:: Task item ::
Would you copy the material below word for word, beginning with its first line and ending with the line that contains "-- arguments; log"?

[[ Information shown open ]]

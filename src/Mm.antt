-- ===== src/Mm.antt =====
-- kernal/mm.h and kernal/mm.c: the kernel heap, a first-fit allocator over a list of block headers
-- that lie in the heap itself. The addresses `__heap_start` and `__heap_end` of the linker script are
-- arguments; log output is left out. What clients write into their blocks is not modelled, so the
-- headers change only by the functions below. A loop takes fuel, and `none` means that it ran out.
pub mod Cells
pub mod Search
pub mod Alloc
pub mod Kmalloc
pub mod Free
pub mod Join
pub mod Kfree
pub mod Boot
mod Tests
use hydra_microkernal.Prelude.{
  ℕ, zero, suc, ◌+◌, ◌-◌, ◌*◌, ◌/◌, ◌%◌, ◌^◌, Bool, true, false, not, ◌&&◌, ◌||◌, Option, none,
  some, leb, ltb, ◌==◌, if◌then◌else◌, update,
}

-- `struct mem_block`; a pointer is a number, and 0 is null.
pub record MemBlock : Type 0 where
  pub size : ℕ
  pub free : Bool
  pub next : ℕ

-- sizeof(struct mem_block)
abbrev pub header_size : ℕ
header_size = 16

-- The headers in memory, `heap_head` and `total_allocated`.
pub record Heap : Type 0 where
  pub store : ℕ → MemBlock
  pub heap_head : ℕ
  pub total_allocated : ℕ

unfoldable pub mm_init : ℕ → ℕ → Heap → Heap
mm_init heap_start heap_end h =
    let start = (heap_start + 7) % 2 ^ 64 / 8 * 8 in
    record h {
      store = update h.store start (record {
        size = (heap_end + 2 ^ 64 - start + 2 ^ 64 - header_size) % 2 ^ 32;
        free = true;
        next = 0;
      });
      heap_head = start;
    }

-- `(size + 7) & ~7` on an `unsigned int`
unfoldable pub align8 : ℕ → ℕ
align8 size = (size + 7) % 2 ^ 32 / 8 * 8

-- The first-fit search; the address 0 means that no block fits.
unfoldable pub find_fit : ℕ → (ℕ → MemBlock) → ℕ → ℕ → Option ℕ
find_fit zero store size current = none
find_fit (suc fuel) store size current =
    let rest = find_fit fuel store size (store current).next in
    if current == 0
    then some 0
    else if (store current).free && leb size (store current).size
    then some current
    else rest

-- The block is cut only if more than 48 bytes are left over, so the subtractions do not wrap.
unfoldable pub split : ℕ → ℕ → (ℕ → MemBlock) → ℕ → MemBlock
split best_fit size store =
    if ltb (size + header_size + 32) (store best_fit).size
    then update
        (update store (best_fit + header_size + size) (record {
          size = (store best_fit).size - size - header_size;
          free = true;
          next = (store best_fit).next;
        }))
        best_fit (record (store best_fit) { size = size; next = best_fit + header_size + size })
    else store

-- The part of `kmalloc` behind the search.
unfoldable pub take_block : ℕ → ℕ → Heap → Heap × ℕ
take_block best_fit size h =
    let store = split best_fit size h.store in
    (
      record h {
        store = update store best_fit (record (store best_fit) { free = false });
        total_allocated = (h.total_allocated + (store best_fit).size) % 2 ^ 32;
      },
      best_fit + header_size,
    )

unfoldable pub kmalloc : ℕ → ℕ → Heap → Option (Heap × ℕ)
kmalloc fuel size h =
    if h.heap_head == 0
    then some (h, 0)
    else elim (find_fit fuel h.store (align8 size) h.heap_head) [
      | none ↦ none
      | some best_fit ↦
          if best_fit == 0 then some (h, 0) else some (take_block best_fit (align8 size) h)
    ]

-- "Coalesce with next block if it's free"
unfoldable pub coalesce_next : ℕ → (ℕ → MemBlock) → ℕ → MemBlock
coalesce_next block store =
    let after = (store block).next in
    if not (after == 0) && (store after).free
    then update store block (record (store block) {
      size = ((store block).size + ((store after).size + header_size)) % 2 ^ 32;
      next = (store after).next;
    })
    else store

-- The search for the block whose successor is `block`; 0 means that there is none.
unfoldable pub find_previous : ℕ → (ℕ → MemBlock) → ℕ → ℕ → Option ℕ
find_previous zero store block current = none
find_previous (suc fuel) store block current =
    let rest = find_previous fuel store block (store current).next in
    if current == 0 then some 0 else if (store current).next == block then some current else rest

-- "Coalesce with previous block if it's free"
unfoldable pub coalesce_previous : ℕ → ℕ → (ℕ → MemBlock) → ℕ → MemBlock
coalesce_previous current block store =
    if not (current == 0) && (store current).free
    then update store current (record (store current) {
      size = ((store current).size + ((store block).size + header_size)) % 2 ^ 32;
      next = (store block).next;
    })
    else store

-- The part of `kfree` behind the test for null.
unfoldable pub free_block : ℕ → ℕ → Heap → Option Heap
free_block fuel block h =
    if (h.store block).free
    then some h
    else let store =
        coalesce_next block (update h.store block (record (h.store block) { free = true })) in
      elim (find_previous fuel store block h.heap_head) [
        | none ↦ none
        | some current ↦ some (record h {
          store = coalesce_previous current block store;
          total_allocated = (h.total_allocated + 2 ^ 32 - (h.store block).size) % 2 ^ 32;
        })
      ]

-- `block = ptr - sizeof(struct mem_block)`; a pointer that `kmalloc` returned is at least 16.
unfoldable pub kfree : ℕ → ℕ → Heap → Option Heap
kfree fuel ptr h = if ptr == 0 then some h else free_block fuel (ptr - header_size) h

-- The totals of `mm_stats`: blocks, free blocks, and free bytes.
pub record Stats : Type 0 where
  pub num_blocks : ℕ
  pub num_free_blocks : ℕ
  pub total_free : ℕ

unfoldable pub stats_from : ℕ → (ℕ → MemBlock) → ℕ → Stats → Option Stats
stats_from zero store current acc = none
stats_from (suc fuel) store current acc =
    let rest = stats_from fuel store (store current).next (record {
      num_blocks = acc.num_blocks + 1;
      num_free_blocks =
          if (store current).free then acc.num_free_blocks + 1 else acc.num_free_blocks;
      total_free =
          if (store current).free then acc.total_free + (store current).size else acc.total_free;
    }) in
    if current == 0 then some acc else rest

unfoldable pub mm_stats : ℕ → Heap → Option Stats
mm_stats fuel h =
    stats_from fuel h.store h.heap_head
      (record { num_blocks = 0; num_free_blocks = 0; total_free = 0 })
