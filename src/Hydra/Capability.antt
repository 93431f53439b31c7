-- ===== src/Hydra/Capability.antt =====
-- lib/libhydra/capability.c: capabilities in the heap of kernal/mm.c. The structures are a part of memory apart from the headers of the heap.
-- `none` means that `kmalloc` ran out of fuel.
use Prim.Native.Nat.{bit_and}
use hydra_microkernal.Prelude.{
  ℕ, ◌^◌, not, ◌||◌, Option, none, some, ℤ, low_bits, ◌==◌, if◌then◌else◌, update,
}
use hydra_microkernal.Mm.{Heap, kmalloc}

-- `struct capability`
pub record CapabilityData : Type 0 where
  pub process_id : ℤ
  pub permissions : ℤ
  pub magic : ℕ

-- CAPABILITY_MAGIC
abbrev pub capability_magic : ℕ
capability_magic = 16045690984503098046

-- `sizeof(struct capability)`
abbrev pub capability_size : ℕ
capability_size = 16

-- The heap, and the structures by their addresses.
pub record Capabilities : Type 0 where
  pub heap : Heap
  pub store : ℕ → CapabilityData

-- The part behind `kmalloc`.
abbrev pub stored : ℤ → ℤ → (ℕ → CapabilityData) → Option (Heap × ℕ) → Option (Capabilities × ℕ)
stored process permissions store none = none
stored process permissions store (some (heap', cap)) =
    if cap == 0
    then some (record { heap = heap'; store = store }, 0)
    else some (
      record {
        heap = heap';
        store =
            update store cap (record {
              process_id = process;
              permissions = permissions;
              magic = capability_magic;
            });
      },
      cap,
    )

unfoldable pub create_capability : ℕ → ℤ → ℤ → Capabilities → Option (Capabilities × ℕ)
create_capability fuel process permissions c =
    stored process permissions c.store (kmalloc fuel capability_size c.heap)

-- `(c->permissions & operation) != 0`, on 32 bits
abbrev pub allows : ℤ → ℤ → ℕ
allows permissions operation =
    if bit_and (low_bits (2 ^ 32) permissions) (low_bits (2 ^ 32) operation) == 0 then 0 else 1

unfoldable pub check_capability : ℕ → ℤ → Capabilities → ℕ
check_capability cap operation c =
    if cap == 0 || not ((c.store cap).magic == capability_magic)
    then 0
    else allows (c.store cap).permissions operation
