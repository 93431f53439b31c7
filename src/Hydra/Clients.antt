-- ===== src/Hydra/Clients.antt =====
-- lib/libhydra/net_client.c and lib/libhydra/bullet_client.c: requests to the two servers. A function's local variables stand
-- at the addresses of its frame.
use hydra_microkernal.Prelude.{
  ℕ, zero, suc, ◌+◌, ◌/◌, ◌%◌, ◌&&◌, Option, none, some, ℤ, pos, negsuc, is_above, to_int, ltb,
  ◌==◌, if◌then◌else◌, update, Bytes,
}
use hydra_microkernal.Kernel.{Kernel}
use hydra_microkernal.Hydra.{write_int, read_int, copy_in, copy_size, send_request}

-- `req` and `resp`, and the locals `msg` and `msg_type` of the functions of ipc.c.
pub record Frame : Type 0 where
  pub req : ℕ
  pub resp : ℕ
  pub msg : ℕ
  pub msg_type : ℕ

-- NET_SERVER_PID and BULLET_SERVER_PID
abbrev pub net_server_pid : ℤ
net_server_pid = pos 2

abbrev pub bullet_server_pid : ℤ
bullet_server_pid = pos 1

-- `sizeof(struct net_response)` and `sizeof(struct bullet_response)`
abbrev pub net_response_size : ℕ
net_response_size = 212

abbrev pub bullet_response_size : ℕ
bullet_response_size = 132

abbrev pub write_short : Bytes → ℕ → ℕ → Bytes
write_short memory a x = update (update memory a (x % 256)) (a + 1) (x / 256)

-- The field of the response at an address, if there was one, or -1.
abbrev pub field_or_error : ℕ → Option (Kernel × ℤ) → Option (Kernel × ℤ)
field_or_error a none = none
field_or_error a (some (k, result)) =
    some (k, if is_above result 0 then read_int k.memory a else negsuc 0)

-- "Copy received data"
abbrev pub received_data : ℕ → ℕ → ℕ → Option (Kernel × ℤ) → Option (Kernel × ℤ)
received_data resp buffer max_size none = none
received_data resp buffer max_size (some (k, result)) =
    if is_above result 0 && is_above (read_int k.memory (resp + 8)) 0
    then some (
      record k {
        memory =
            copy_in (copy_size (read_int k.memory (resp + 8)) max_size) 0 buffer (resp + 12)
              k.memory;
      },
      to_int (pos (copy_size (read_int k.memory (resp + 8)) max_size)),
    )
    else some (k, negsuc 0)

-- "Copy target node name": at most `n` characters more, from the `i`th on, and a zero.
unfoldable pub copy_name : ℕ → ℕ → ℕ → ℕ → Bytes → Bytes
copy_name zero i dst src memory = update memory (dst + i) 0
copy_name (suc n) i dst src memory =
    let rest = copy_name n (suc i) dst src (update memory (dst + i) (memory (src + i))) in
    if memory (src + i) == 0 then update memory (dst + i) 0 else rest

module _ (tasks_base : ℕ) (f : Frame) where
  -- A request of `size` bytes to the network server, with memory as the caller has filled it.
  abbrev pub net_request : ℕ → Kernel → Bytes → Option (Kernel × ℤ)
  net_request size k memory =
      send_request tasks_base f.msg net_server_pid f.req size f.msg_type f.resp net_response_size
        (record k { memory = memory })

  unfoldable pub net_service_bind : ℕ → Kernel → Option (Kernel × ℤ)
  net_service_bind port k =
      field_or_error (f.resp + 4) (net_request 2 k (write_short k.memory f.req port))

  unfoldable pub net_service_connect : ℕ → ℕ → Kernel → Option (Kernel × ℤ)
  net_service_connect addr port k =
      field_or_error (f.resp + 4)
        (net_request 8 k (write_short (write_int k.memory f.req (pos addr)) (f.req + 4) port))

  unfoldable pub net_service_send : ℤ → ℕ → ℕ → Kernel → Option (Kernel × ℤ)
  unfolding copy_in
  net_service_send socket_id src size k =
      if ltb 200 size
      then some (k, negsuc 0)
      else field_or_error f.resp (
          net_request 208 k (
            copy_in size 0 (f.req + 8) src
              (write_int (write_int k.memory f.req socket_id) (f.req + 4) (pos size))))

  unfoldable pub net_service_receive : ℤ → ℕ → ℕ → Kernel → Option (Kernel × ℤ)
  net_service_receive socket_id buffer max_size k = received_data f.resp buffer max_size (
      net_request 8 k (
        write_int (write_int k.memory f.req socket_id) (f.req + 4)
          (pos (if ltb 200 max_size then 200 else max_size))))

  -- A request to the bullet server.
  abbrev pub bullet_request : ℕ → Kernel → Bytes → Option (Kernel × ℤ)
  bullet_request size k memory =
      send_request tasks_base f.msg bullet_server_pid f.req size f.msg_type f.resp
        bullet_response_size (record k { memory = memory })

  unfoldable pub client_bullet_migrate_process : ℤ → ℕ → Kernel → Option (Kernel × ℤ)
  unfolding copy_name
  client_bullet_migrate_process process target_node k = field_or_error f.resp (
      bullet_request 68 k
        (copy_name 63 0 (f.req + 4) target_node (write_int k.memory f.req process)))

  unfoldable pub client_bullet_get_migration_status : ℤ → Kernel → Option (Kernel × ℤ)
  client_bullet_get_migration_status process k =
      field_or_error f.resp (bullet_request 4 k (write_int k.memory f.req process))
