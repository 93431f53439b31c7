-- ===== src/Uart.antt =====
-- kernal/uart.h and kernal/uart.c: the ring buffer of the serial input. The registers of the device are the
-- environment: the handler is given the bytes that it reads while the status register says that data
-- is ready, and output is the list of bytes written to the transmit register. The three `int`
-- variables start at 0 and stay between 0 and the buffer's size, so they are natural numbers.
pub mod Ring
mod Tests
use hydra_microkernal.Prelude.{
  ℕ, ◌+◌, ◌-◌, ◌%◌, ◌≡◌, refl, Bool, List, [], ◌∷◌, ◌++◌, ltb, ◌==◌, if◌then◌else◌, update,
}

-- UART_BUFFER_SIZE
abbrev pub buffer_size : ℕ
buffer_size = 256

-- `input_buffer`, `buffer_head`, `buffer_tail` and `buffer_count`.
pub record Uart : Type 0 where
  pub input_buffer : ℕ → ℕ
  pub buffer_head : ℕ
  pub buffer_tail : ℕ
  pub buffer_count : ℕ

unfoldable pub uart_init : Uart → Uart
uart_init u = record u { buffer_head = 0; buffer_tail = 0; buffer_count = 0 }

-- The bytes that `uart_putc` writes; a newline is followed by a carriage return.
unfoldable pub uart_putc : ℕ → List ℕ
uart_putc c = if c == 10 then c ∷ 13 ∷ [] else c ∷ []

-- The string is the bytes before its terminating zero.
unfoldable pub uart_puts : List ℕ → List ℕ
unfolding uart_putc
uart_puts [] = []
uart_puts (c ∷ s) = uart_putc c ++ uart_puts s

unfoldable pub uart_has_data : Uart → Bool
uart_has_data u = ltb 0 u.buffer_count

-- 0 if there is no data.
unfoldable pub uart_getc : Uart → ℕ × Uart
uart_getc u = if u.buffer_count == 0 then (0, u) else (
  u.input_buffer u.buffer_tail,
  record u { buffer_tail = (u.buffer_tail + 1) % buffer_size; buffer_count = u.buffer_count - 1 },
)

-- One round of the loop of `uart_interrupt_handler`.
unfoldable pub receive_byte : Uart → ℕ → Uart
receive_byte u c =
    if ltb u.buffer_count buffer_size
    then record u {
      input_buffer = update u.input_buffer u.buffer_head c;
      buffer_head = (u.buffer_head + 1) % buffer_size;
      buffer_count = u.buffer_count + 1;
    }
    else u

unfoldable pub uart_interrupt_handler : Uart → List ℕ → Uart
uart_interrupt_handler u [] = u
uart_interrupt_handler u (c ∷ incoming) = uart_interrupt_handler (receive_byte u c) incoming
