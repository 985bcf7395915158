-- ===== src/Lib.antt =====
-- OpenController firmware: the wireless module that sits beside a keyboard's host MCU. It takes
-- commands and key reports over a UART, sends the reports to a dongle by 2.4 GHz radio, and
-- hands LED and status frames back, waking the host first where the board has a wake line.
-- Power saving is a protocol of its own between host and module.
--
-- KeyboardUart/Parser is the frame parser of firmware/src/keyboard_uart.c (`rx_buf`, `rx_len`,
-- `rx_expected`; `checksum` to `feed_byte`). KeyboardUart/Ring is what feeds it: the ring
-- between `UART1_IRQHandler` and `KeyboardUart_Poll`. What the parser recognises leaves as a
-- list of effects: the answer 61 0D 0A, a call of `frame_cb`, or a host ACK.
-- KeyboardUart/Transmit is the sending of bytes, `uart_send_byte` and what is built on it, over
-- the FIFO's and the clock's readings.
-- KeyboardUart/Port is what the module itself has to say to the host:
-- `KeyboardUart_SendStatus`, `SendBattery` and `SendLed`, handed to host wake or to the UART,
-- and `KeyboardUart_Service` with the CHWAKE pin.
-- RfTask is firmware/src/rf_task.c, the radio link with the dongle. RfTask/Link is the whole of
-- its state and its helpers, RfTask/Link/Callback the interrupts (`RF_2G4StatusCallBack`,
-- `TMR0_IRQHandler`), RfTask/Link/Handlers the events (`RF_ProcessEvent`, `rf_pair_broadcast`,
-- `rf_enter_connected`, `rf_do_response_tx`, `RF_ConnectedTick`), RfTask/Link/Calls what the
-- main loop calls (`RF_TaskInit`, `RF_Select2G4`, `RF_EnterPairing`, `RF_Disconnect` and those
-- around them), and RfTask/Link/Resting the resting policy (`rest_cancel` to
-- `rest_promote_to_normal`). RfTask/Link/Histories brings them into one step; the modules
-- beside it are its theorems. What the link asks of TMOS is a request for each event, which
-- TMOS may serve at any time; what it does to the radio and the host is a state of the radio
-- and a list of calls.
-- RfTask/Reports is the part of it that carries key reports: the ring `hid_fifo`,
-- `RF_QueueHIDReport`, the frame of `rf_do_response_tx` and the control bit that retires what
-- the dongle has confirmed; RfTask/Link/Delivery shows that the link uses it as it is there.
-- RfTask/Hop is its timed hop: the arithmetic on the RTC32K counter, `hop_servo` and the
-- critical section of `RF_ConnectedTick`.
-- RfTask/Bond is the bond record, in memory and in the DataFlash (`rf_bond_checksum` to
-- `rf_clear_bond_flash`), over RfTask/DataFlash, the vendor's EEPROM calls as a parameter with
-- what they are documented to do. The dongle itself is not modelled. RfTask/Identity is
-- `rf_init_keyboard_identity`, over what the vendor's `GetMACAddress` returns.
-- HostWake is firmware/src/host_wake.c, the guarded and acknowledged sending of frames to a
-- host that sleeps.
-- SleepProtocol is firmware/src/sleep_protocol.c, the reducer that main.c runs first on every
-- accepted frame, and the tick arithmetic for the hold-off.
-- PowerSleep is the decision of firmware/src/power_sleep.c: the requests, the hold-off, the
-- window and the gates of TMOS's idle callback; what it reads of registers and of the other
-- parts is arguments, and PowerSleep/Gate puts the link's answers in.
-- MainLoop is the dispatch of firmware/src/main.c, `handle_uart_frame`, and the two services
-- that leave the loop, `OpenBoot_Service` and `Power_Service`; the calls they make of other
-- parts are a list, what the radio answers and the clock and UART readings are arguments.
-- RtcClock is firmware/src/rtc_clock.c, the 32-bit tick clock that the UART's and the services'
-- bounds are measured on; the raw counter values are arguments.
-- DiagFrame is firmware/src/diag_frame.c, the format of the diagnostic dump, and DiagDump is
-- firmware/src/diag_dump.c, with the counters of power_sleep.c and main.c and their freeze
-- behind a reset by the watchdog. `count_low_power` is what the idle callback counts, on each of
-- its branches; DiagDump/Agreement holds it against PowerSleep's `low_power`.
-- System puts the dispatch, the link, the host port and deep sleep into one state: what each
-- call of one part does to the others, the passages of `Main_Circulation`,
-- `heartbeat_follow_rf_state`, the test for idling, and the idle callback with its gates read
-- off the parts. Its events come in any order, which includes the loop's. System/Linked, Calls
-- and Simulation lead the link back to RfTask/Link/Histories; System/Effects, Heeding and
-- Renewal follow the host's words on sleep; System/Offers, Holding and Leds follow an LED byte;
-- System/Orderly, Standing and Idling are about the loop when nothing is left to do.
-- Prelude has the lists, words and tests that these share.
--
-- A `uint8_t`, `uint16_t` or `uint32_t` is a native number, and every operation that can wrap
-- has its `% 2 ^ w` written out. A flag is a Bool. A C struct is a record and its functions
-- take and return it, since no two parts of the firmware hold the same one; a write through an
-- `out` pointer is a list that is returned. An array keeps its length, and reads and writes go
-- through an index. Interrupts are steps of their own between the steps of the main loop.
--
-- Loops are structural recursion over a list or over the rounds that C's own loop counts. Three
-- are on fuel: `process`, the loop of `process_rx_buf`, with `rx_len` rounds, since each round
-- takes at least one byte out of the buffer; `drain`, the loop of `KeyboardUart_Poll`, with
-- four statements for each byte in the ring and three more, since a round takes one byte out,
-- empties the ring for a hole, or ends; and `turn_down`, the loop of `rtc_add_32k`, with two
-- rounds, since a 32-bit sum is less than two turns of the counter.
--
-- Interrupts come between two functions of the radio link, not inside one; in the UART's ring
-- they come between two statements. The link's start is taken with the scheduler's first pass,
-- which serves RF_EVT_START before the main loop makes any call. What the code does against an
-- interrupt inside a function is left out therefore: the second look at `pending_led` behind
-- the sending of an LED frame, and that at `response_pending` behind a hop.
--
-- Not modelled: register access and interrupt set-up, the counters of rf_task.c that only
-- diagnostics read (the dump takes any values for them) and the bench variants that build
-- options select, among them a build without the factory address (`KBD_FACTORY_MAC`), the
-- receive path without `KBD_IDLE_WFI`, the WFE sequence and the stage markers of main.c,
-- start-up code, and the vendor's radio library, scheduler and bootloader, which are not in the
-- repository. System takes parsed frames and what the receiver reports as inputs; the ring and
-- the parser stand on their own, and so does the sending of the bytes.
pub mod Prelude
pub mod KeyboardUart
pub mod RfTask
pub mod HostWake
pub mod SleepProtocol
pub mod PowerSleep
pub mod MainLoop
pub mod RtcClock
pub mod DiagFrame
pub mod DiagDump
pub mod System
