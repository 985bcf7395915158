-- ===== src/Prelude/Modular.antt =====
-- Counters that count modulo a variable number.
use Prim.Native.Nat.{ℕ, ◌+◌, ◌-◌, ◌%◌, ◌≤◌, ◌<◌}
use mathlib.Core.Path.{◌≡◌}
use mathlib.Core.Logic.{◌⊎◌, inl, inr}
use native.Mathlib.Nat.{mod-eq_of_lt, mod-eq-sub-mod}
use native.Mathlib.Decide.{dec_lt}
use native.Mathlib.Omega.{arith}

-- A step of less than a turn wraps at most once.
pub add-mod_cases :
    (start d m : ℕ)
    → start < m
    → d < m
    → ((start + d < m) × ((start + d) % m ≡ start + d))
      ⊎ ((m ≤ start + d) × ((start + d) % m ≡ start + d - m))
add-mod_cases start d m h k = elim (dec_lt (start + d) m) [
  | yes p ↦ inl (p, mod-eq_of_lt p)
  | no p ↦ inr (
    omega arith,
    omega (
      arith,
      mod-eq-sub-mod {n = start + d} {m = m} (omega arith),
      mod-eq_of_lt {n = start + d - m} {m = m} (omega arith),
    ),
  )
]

[[ Information shown closed ]]

:: Solved exercise ::
filename src/Mm.antt
-- ===== src/Mm.antt =====
-- kernal/mm.h and kernal/mm.c: the kernel heap, a first-fit allocator over a list of block headers
-- that lie in the heap itself. The addresses `__heap_start` and `__heap_end` of the linker script are
-- arguments; log output is left out. What clients write into their blocks is not modelled, so the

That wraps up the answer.